For older matriarchs, however, these conditions can be more challenging. Chato Maiya Tamang, whose eldest son works in Malaysia, runs a tea shop in the hills of Kakani, in central Nepal. She is happy that her son has found employment, but fears her own isolation. “Nowadays, everybody goes [abroad],” she said. “But I say, don’t go.”

Migrant salaries, however, can be a powerful motivator. Thuli Maya Tamang, a herder who has a granddaughter working in Dubai, has “no worries at all” about her family’s situation. “After all,” she explained, “she went to earn money.”

The granddaughter’s move to Dubai is reflective of a broader trend in the rise of the female migrant laborer. Over the past six years, the number of Nepali female workers worldwide has increased 239 percent. Until 1998, women had to obtain parental or spousal consent to go overseas, and female migration to the Persian Gulf was terminated from 1998 to 2010, after the well-publicized death of a Nepali maid in Kuwait. Domestic workers in the Gulf states must still be at least 30 years old. But younger women often migrate through unregulated channels, putting female workers at more risk for abuse. The leading cause of death among male workers from Nepal is heart failure; for Nepali women, it is suicide.

Yet, while migrant workers are often cited as casualties of global capitalism, the changing face of the labor market has also opened new opportunities for Nepali women, both at home and beyond.
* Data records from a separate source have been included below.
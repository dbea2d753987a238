-- ===== src/Listener/Tests.antt =====
-- A `poll` that meets two calls of `notify`, and its theorem there.
use swim_protocol.Prelude.{ℕ, ◌≡◌, refl, true, false, List, [], ◌∷◌, arith, none, some, ℕ_discrete}
use swim_protocol.Listener.Defs.{
  Listener, poll_start, find_event, without_event, pending, poll_end, set_events, notify,
}
use swim_protocol.Listener.Delivery.{notify_all}
use swim_protocol.Listener.Callback.{Turn, begins, notifies, goes_on, ends, on_notify, step, run}
use swim_protocol.Listener.Waits.{items_of}
use swim_protocol.Listener.Calls.{run-goes_on}

-- Another `poll` waits under the event 1.
abbrev one_waits : Listener ℕ
one_waits = record { waiting = record { event = 1; is_set = false; args = [] } ∷ [] }

polled :
    poll_end 2 (notify_all (7 ∷ 8 ∷ []) (poll_start 2 one_waits))
    ≡ some (
      7 ∷ 8 ∷ [],
      record { waiting = record { event = 1; is_set = true; args = 7 ∷ 8 ∷ [] } ∷ [] },
    )
unfolding poll_end poll_start notify_all notify find_event without_event pending set_events
    ℕ_discrete
polled = refl

no_entry : pending 2 one_waits ≡ none
unfolding pending find_event ℕ_discrete
no_entry = refl

-- The first item comes before the task runs.
abbrev turns : List (Turn ℕ)
turns = notifies 5 ∷ begins ∷ notifies 6 ∷ notifies 7 ∷ goes_on ∷ ends 0 ∷ notifies 8 ∷ []

run-goes_on_example :
    items_of (step goes_on (run turns (on_notify 2 one_waits))).calls ≡ 6 ∷ 7 ∷ 8 ∷ []
run-goes_on_example = run-goes_on 2 one_waits turns (omega arith, tt)
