-- ===== src/Member/Gossip.antt =====
-- What newer gossip does to a member that is not local, to the local one, and after a status that
-- `transition` refuses.
use swim_protocol.Prelude.{
  ℕ, ◌<◌, Bool, true, false, not, ◌&&◌, ite, Text, Option, none, some, ◌≡◌, ◌⊎◌, refl, arith,
  if◌then◌else◌,
}
use swim_protocol.Result.{Result, ok, raise, assertion_error, value_error}
use swim_protocol.Status.{Status, available, unavailable, status_discrete, transition}
use swim_protocol.Packet.{Metadata}
use swim_protocol.Member.Defs.{
  Member, is_some, snapshot, same_items, set_clock, set_status, set_metadata, save, update,
}
use swim_protocol.Member.Update.{IsSettled}

module _ (m : Member) where
  -- Whether metadata is new: there was none, or other items.
  abbrev pub is_new : Metadata → Bool
  is_new d = not (is_some m.metadata_dict && same_items d m.metadata)

  -- Whether a member's state differs from what gossip says of it, by status or by metadata.
  abbrev pub differs : Status → Option Metadata → Bool
  differs t none = ite (status_discrete t m.status) false true
  differs t (some d) = not (ite (status_discrete t m.status) true false && not (is_new d))

  abbrev pub known_after : Option Metadata → Option Metadata
  known_after none = m.metadata_dict
  known_after (some d) = if is_new d then some d else m.metadata_dict

  module _ (teller : Text) (clock : ℕ) (status t : Status) (next_clock now : ℕ) (h : IsSettled m)
      (newer : m.clock < clock) (r : m.local ≡ false) (e : transition m.status status ≡ ok t) where
    abbrev taken : Option Metadata → Result Bool × Member
    taken metadata = update (some teller) clock (some status) metadata next_clock now m

    abbrev Takes : Bool → Option Metadata → Result Bool × Member → Type 0
    Takes changed known (result, m') =
        (result ≡ ok changed)
        × (m'.status ≡ t)
        × (m'.metadata_dict ≡ known)
        × (m'.clock ≡ (if changed then clock else m.clock))

    -- The three steps before `_save`, each on the member as the one before leaves it.
    clock_set : set_clock clock m ≡ (ok tt, record m { pending_clock = some clock })
    unfolding set_clock
    clock_set = ground arith

    abbrev with_status : Member
    with_status = record m {
      pending_clock = some clock;
      pending_status = ite (status_discrete t m.status) none (some t);
    }

    status_set : set_status status (record m { pending_clock = some clock }) ≡ (ok tt, with_status)
    unfolding set_status
    status_set = ground arith

    abbrev with_metadata : Metadata → Bool → Member
    with_metadata d new = record with_status { pending_metadata = if new then some d else none }

    metadata_set : (d : Metadata) → set_metadata d with_status ≡ (ok tt, with_metadata d (is_new d))
    unfolding set_metadata
    metadata_set d = ground arith

    abbrev after_save : Member → Result Bool × Member
    after_save m3 = let (b, m') = save (some teller) next_clock now m3 in (ok b, m')

    saved_none : Takes (differs t none) m.metadata_dict (after_save with_status)
    unfolding save
    saved_none = ground arith

    saved_some :
        (d : Metadata) (new : Bool)
        → Takes
            (not (ite (status_discrete t m.status) true false && not new))
            (if new then some d else m.metadata_dict)
            (after_save (with_metadata d new))
    unfolding save
    saved_some d true = ground arith
    saved_some d false = ground arith

    taken-some : (d : Metadata) → taken (some d) ≡ after_save (with_metadata d (is_new d))
    unfolding update
    taken-some d = rw (clock_set, status_set, metadata_set d) refl

    taken-none : taken none ≡ after_save with_status
    unfolding update
    taken-none = rw (clock_set, status_set) refl

    -- Newer gossip about a settled member that is not local, with a status that `transition`
    -- accepts, is taken over: its status is moved by `transition`, its metadata becomes what the
    -- gossip says if it says anything new, and the clock of the gossip is stored if something
    -- changed. If nothing did, the old clock stays.
    pub update_newer :
        (metadata : Option Metadata)
        → ((taken metadata).0 ≡ ok (differs t metadata))
          × ((taken metadata).1.status ≡ t)
          × ((taken metadata).1.metadata_dict ≡ known_after metadata)
          × ((taken metadata).1.clock ≡ (if differs t metadata then clock else m.clock))
    update_newer none = rw taken-none saved_none
    update_newer (some d) = rw (taken-some d) (saved_some d (is_new d))

  module _ (teller : Text) (clock : ℕ) (status : Status) (metadata : Option Metadata)
      (next_clock now : ℕ) (h : IsSettled m) (newer : m.clock < clock) where
    abbrev outcome : Result Bool × Member
    outcome = update (some teller) clock (some status) metadata next_clock now m

    -- Newer gossip about the settled local member, with a status that `transition` accepts, is
    -- refuted if it does not agree with the member: the state stays, and the clock moves to the
    -- next clock of the cluster, also where the clock of the gossip is not below that one. If it
    -- agrees nothing changes.
    pub update_refuted :
        (t : Status)
        → m.local ≡ true
        → transition m.status status ≡ ok t
        → outcome ≡ (
          ok (differs t metadata),
          (if differs t metadata
              then record m { clock = next_clock; previous = snapshot m }
              else m),
        )
    unfolding update set_clock set_status set_metadata save
    update_refuted t r e = ground arith

    -- Newer gossip about a settled member with the status AVAILABLE or UNAVAILABLE raises
    -- ValueError and leaves a change pending, and from then on every update of the member raises
    -- AssertionError and changes nothing.
    pub update_poisons :
        (status ≡ available) ⊎ (status ≡ unavailable)
        → (outcome.0 ≡ raise value_error)
          × ((src : Option Text) (c : ℕ) (s : Option Status) (d : Option Metadata) (n t : ℕ)
              → update src c s d n t outcome.1 ≡ (raise assertion_error, outcome.1))
    unfolding update set_clock set_status set_metadata save transition
    update_poisons bad = (ground arith, λ src c s d n t. ground arith)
Alina (she prefers not to use her real name), who is 31, single and was raised in Bhaktapur, a medieval city in central Nepal, left a nursing career to come to New York, where she earns higher wages working in a small nail salon.

“I never painted nails in my whole life before coming here,” she said. As a Nepali woman abroad, “You learn everything by yourself . . . you’re not dependent on other people.” Alina has also dodged family pressures to marry, so far. “If I was back in my country, I would already have two children,” she said. She now sends money home to her parents and three younger siblings.

“It used to be only men who had access to better jobs and all the advantages,” said Ola Perczynska, program manager of Her Turn, a Kathmandu education and empowerment program that works with Nepali girls. But with greater numbers of women joining an increasingly transnational workforce, the country’s gender dynamics have experienced a shift. “Nepali families used to favor sons,” Perczynska said. “Nowadays they start appreciating daughters, too.”